> **Entries provided**:
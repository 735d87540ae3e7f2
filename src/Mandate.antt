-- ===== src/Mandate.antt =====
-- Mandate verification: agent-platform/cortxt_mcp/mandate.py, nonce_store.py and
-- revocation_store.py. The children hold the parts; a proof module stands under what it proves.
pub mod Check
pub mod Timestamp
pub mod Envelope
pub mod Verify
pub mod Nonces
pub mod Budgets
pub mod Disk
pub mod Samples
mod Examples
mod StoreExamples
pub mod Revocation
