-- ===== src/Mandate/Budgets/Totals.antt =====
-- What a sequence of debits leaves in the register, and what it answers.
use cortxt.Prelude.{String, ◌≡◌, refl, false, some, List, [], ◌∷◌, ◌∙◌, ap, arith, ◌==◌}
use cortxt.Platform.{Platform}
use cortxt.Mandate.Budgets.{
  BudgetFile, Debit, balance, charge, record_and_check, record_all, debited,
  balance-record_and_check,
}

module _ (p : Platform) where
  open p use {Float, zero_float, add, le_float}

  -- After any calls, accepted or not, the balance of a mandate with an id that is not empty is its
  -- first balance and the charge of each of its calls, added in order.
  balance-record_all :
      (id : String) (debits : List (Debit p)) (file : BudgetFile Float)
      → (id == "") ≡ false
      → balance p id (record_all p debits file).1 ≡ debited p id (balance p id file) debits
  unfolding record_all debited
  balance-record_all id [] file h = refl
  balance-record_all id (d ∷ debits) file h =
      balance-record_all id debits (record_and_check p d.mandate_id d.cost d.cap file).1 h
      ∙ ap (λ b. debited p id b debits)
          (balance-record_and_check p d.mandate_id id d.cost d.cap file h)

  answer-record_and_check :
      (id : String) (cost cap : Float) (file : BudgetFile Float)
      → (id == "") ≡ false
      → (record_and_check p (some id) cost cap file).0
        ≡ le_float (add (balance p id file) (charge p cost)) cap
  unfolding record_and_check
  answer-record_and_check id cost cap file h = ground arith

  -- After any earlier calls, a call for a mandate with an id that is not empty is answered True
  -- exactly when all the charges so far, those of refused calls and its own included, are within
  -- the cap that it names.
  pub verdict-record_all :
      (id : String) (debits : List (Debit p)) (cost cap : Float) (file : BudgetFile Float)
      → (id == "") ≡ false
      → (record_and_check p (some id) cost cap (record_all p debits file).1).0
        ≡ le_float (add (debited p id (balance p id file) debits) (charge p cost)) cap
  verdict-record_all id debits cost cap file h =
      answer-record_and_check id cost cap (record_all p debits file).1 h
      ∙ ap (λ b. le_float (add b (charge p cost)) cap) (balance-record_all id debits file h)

==

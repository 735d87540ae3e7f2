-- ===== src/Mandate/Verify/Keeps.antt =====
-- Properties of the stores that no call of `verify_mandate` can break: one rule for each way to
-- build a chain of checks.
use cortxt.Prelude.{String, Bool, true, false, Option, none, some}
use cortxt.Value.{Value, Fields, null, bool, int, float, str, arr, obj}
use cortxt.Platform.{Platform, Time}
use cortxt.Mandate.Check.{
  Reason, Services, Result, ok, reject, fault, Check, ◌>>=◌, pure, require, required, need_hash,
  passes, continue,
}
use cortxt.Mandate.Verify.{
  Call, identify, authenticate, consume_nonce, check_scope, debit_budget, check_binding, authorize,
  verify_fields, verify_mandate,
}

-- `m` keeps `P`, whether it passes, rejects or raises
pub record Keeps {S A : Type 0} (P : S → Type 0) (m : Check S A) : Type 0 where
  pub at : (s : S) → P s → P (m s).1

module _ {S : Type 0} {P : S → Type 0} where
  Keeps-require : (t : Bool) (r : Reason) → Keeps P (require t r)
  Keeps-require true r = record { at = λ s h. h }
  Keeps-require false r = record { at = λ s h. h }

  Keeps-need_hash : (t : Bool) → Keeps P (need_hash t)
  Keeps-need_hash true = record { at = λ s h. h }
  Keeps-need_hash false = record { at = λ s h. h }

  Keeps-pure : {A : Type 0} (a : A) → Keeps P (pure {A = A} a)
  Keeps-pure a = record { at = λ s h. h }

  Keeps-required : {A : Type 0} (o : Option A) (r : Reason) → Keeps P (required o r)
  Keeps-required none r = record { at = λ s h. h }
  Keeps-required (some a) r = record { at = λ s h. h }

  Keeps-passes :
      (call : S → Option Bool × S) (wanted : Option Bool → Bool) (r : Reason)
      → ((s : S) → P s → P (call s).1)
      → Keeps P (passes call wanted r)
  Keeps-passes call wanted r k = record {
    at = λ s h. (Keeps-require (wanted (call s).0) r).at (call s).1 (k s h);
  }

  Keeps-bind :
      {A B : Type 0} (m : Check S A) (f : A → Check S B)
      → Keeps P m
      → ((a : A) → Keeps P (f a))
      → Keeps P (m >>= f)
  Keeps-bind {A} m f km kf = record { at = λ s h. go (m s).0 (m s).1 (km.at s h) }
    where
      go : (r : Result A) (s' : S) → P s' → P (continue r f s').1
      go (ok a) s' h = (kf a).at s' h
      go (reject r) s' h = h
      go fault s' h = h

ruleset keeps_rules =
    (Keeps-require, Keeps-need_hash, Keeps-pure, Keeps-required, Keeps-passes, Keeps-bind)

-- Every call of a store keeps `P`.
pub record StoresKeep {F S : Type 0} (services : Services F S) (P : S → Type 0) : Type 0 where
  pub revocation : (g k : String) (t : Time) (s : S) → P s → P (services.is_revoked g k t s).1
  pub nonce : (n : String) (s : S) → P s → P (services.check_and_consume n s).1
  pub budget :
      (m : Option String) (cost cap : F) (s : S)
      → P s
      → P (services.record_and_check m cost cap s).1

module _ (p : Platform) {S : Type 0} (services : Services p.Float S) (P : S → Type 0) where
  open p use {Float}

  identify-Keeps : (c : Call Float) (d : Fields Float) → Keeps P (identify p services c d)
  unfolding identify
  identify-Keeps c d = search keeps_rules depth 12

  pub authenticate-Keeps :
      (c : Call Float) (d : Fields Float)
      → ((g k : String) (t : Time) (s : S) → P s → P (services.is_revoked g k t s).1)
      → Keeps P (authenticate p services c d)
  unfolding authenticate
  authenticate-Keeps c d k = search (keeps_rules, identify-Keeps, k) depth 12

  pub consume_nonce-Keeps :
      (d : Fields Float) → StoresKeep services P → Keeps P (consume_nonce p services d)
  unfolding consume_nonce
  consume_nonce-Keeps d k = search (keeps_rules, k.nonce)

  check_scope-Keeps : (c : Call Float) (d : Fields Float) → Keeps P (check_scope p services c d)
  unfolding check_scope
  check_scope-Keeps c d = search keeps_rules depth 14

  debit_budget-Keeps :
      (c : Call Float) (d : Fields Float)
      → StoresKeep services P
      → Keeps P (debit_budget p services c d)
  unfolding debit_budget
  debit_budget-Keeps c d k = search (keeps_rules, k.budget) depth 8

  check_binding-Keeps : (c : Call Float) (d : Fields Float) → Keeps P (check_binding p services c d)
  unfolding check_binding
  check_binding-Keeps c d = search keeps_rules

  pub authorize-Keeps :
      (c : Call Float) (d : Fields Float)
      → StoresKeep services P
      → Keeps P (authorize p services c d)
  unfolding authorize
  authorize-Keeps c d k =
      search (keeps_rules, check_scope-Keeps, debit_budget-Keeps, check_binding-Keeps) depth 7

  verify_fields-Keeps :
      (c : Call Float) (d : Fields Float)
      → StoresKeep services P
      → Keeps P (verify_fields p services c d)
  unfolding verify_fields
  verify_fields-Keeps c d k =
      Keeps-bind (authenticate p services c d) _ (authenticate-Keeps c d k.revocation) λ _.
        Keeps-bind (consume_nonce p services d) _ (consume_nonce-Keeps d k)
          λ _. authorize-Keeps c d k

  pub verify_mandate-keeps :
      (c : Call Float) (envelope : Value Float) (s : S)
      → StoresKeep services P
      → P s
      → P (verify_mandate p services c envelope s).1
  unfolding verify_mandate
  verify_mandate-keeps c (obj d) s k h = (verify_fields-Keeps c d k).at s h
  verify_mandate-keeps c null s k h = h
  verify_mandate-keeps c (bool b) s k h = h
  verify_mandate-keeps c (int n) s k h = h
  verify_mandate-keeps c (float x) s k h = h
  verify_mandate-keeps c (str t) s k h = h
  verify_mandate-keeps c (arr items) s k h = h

==

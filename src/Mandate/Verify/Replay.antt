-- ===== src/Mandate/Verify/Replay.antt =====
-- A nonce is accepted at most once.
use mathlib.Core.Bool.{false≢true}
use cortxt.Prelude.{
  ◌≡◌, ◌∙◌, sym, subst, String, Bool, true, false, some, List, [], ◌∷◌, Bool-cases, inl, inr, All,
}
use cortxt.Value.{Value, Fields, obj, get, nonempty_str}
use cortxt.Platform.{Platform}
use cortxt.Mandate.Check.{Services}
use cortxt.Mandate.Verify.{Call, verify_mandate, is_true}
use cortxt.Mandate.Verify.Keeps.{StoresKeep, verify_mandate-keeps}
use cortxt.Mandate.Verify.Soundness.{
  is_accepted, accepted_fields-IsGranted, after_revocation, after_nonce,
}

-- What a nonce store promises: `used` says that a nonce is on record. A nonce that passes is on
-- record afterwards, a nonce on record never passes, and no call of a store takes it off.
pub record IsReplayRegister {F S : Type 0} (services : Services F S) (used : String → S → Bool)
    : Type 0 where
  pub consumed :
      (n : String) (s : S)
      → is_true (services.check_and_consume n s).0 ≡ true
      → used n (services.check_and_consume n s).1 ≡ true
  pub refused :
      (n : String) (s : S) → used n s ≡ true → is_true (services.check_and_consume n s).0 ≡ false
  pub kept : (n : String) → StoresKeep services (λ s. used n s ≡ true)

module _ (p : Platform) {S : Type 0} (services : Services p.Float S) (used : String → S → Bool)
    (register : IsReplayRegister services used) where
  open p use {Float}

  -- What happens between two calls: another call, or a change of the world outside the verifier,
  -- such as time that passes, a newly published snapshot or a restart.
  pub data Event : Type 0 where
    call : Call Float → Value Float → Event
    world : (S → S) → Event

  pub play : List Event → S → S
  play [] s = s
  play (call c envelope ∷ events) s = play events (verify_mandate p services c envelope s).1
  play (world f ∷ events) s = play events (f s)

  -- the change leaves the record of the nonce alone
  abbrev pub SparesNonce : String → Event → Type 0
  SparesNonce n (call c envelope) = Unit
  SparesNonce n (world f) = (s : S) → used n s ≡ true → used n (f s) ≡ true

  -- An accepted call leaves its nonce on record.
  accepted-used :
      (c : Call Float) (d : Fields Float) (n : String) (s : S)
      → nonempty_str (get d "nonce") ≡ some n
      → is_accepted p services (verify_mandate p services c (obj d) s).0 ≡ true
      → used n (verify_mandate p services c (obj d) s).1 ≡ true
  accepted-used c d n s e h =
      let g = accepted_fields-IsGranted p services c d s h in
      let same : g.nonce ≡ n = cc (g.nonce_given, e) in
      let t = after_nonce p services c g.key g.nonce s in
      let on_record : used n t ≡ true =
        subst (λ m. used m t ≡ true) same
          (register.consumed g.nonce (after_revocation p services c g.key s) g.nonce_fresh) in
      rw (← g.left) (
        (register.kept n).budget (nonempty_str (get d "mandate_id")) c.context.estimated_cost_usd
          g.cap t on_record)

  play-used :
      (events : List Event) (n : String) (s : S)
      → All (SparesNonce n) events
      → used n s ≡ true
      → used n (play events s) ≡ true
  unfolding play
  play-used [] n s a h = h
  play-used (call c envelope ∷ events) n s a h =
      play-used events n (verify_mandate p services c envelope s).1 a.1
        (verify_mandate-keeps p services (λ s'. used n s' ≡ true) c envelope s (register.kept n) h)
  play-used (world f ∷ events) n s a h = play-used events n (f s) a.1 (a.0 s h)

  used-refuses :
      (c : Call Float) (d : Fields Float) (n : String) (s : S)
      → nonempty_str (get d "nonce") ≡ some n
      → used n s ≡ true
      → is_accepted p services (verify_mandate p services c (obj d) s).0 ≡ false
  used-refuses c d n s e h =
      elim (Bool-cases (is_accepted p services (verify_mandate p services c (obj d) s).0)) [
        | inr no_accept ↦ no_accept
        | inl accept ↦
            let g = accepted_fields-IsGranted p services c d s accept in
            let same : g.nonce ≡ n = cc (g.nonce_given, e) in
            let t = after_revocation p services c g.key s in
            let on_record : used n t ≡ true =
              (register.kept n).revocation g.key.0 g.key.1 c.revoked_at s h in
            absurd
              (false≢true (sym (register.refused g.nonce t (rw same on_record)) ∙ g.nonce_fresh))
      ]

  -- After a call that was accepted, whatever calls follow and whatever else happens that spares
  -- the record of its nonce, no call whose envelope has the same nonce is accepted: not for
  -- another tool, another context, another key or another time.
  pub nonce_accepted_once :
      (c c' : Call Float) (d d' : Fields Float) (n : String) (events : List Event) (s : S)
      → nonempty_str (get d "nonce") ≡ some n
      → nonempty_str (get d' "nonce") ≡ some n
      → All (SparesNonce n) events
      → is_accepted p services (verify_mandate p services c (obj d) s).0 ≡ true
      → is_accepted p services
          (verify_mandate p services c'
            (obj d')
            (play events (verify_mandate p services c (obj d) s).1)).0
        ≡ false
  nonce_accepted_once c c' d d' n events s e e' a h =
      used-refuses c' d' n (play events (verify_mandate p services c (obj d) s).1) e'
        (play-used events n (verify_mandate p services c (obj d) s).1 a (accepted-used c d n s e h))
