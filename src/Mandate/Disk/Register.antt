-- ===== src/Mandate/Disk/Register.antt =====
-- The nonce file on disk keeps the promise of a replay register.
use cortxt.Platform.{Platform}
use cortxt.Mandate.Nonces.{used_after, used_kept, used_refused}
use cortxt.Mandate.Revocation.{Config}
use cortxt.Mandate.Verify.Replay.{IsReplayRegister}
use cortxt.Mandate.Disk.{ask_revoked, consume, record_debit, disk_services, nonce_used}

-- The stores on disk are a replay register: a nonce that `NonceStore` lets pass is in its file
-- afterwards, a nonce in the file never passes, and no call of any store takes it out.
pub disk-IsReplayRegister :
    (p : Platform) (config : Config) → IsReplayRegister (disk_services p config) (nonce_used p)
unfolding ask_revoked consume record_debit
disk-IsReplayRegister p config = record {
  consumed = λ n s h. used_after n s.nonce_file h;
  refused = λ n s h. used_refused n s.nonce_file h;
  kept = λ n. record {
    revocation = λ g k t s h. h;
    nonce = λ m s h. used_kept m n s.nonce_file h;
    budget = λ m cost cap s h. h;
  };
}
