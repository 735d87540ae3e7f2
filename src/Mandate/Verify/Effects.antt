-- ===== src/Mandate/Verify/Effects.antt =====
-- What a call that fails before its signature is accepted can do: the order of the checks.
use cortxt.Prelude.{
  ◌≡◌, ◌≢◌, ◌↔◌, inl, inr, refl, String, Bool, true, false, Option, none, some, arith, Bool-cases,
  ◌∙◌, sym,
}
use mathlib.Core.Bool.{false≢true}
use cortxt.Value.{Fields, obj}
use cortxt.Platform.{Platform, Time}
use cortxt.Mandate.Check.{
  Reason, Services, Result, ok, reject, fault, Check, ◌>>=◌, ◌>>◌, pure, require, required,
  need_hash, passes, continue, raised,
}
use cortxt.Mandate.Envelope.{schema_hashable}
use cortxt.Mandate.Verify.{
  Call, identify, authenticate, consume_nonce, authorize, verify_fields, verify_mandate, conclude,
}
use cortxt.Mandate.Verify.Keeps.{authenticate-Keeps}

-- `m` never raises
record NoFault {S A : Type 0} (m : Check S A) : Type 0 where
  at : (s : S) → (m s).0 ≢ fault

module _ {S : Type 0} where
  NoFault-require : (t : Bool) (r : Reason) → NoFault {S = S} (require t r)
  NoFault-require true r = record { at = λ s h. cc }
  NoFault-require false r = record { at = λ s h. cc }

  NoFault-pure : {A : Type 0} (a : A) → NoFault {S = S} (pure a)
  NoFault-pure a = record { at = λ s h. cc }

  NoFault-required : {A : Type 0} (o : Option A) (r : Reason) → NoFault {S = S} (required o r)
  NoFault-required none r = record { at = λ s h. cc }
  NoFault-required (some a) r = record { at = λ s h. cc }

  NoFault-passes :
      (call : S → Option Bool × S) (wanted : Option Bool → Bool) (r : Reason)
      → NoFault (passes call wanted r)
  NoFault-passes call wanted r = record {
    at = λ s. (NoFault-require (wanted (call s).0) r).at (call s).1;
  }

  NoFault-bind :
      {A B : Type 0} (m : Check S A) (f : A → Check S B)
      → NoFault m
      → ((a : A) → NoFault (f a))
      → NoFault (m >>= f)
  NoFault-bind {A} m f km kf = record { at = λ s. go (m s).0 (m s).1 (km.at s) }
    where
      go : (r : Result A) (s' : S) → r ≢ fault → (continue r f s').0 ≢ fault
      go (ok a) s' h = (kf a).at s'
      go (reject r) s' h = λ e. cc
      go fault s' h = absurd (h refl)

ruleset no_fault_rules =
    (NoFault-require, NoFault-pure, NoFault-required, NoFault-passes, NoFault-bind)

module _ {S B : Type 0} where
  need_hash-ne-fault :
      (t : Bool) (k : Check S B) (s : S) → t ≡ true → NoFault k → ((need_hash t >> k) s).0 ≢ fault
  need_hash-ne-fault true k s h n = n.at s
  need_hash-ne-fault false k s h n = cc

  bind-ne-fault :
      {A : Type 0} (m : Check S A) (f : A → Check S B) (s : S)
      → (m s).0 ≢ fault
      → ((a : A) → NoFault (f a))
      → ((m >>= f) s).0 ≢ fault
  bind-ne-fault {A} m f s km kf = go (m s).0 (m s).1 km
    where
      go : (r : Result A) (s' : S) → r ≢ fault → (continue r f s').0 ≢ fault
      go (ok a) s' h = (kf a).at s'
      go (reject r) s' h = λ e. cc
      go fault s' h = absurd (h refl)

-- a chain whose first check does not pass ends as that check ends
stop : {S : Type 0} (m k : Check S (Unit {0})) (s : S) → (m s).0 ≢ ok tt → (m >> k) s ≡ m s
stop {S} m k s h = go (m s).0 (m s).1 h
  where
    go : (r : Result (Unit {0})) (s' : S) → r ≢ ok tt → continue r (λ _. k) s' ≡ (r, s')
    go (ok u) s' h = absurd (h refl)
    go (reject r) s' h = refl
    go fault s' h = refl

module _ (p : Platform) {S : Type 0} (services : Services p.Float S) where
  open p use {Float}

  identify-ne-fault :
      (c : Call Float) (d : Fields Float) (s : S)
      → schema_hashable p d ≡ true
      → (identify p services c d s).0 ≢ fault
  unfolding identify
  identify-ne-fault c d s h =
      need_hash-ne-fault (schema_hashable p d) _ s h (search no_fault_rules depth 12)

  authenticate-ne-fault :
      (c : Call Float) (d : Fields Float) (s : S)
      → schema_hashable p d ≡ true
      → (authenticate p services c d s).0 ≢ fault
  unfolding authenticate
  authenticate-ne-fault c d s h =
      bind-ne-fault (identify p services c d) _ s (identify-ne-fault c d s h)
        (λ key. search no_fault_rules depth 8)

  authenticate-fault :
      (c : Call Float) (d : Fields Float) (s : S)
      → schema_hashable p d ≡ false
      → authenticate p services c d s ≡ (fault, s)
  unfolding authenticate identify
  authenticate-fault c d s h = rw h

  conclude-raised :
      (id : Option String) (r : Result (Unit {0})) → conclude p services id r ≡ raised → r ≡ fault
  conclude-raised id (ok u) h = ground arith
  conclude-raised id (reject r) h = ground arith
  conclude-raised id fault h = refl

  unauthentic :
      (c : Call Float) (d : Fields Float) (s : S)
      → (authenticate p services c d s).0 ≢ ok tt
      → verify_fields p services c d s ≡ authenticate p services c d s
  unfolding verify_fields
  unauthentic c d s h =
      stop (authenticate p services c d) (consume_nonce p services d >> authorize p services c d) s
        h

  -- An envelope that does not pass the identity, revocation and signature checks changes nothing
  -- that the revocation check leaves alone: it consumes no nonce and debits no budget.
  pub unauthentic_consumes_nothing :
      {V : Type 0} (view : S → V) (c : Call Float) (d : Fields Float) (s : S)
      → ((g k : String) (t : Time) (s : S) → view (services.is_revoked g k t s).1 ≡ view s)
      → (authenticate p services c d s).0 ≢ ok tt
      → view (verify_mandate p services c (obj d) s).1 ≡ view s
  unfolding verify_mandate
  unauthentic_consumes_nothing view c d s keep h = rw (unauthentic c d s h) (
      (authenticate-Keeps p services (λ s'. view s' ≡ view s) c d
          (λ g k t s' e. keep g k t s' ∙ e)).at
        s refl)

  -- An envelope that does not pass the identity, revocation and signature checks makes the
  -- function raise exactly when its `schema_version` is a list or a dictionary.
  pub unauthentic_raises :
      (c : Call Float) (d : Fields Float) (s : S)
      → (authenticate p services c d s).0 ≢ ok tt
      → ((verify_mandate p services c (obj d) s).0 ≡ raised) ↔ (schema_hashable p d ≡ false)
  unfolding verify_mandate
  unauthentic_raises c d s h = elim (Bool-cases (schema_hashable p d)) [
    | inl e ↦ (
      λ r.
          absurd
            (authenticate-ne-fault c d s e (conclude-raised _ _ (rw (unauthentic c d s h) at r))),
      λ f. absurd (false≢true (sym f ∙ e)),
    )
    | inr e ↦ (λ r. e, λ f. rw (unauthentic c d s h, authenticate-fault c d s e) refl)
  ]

> **Task requirements**: Restate word for word the entries above from the line with "answer-record_and_check id cost cap (record_all" through the line with "debits file h)", inclusive, leaving out everything else.

> **Task output**:
      answer-record_and_check id cost cap (record_all p debits file).1 h
      ∙ ap (λ b. le_float (add b (charge p cost)) cap) (balance-record_all id debits file h)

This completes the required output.